[DATA SUPPLIED Boundary: Start]

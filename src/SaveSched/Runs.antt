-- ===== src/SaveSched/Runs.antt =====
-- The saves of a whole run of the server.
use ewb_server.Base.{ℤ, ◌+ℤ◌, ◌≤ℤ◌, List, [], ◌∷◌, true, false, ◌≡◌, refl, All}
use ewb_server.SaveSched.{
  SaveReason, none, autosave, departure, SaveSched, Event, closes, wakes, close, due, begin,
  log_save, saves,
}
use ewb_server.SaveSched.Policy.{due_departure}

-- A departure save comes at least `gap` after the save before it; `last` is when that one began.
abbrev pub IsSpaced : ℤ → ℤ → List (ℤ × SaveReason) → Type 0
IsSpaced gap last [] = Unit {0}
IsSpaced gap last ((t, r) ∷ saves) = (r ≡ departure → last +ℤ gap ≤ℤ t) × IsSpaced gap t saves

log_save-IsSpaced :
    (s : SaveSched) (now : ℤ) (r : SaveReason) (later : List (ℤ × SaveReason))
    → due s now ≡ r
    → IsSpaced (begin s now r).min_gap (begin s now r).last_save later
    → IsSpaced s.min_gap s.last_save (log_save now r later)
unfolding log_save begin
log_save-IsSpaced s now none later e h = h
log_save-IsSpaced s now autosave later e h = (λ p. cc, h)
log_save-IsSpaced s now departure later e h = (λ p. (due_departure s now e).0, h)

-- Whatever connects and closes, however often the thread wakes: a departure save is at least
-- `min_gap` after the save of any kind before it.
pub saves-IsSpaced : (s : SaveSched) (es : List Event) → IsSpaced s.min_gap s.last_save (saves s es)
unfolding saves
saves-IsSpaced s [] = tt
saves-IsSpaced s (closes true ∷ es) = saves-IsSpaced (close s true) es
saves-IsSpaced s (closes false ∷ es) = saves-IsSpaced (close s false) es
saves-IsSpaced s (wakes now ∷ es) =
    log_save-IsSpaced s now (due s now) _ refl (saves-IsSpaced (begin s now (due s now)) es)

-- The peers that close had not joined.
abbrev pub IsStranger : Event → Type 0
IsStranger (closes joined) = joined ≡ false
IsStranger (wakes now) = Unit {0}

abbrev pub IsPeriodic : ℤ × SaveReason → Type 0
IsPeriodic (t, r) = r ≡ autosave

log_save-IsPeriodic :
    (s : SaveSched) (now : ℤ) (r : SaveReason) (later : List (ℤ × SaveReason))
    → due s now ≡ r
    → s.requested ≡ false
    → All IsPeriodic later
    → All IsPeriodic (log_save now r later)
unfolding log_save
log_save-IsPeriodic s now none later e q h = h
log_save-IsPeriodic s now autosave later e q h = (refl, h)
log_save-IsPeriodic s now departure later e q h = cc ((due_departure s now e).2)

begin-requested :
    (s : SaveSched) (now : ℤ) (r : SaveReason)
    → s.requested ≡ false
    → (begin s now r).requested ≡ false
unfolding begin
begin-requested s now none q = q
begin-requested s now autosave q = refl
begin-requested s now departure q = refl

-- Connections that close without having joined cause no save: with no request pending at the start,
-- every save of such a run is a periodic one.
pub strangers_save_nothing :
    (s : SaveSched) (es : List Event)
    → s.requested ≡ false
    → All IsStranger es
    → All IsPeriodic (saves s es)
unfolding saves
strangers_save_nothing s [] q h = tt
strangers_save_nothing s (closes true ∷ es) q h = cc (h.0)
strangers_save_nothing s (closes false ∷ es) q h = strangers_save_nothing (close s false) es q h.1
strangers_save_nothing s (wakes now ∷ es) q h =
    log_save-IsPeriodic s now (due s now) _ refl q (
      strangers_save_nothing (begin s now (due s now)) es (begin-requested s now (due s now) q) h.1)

[DATA SUPPLIED Boundary: End]

§ WORK ITEM
Transcribe each entry exactly.

§ EXERCISE OUTPUT
filename src/SaveSched/Runs.antt
-- ===== src/SaveSched/Runs.antt =====
-- The saves of a whole run of the server.
use ewb_server.Base.{ℤ, ◌+ℤ◌, ◌≤ℤ◌, List, [], ◌∷◌, true, false, ◌≡◌, refl, All}
use ewb_server.SaveSched.{
  SaveReason, none, autosave, departure, SaveSched, Event, closes, wakes, close, due, begin,
  log_save, saves,
}
use ewb_server.SaveSched.Policy.{due_departure}

-- A departure save comes at least `gap` after the save before it; `last` is when that one began.
abbrev pub IsSpaced : ℤ → ℤ → List (ℤ × SaveReason) → Type 0
IsSpaced gap last [] = Unit {0}
IsSpaced gap last ((t, r) ∷ saves) = (r ≡ departure → last +ℤ gap ≤ℤ t) × IsSpaced gap t saves

log_save-IsSpaced :
    (s : SaveSched) (now : ℤ) (r : SaveReason) (later : List (ℤ × SaveReason))
    → due s now ≡ r
    → IsSpaced (begin s now r).min_gap (begin s now r).last_save later
    → IsSpaced s.min_gap s.last_save (log_save now r later)
unfolding log_save begin
log_save-IsSpaced s now none later e h = h
log_save-IsSpaced s now autosave later e h = (λ p. cc, h)
log_save-IsSpaced s now departure later e h = (λ p. (due_departure s now e).0, h)

-- Whatever connects and closes, however often the thread wakes: a departure save is at least
-- `min_gap` after the save of any kind before it.
pub saves-IsSpaced : (s : SaveSched) (es : List Event) → IsSpaced s.min_gap s.last_save (saves s es)
unfolding saves
saves-IsSpaced s [] = tt
saves-IsSpaced s (closes true ∷ es) = saves-IsSpaced (close s true) es
saves-IsSpaced s (closes false ∷ es) = saves-IsSpaced (close s false) es
saves-IsSpaced s (wakes now ∷ es) =
    log_save-IsSpaced s now (due s now) _ refl (saves-IsSpaced (begin s now (due s now)) es)

-- The peers that close had not joined.
abbrev pub IsStranger : Event → Type 0
IsStranger (closes joined) = joined ≡ false
IsStranger (wakes now) = Unit {0}

abbrev pub IsPeriodic : ℤ × SaveReason → Type 0
IsPeriodic (t, r) = r ≡ autosave

log_save-IsPeriodic :
    (s : SaveSched) (now : ℤ) (r : SaveReason) (later : List (ℤ × SaveReason))
    → due s now ≡ r
    → s.requested ≡ false
    → All IsPeriodic later
    → All IsPeriodic (log_save now r later)
unfolding log_save
log_save-IsPeriodic s now none later e q h = h
log_save-IsPeriodic s now autosave later e q h = (refl, h)
log_save-IsPeriodic s now departure later e q h = cc ((due_departure s now e).2)

begin-requested :
    (s : SaveSched) (now : ℤ) (r : SaveReason)
    → s.requested ≡ false
    → (begin s now r).requested ≡ false
unfolding begin
begin-requested s now none q = q
begin-requested s now autosave q = refl
begin-requested s now departure q = refl

-- Connections that close without having joined cause no save: with no request pending at the start,
-- every save of such a run is a periodic one.
pub strangers_save_nothing :
    (s : SaveSched) (es : List Event)
    → s.requested ≡ false
    → All IsStranger es
    → All IsPeriodic (saves s es)
unfolding saves
strangers_save_nothing s [] q h = tt
strangers_save_nothing s (closes true ∷ es) q h = cc (h.0)
strangers_save_nothing s (closes false ∷ es) q h = strangers_save_nothing (close s false) es q h.1
strangers_save_nothing s (wakes now ∷ es) q h =
    log_save-IsPeriodic s now (due s now) _ refl q (
      strangers_save_nothing (begin s now (due s now)) es (begin-requested s now (due s now) q) h.1)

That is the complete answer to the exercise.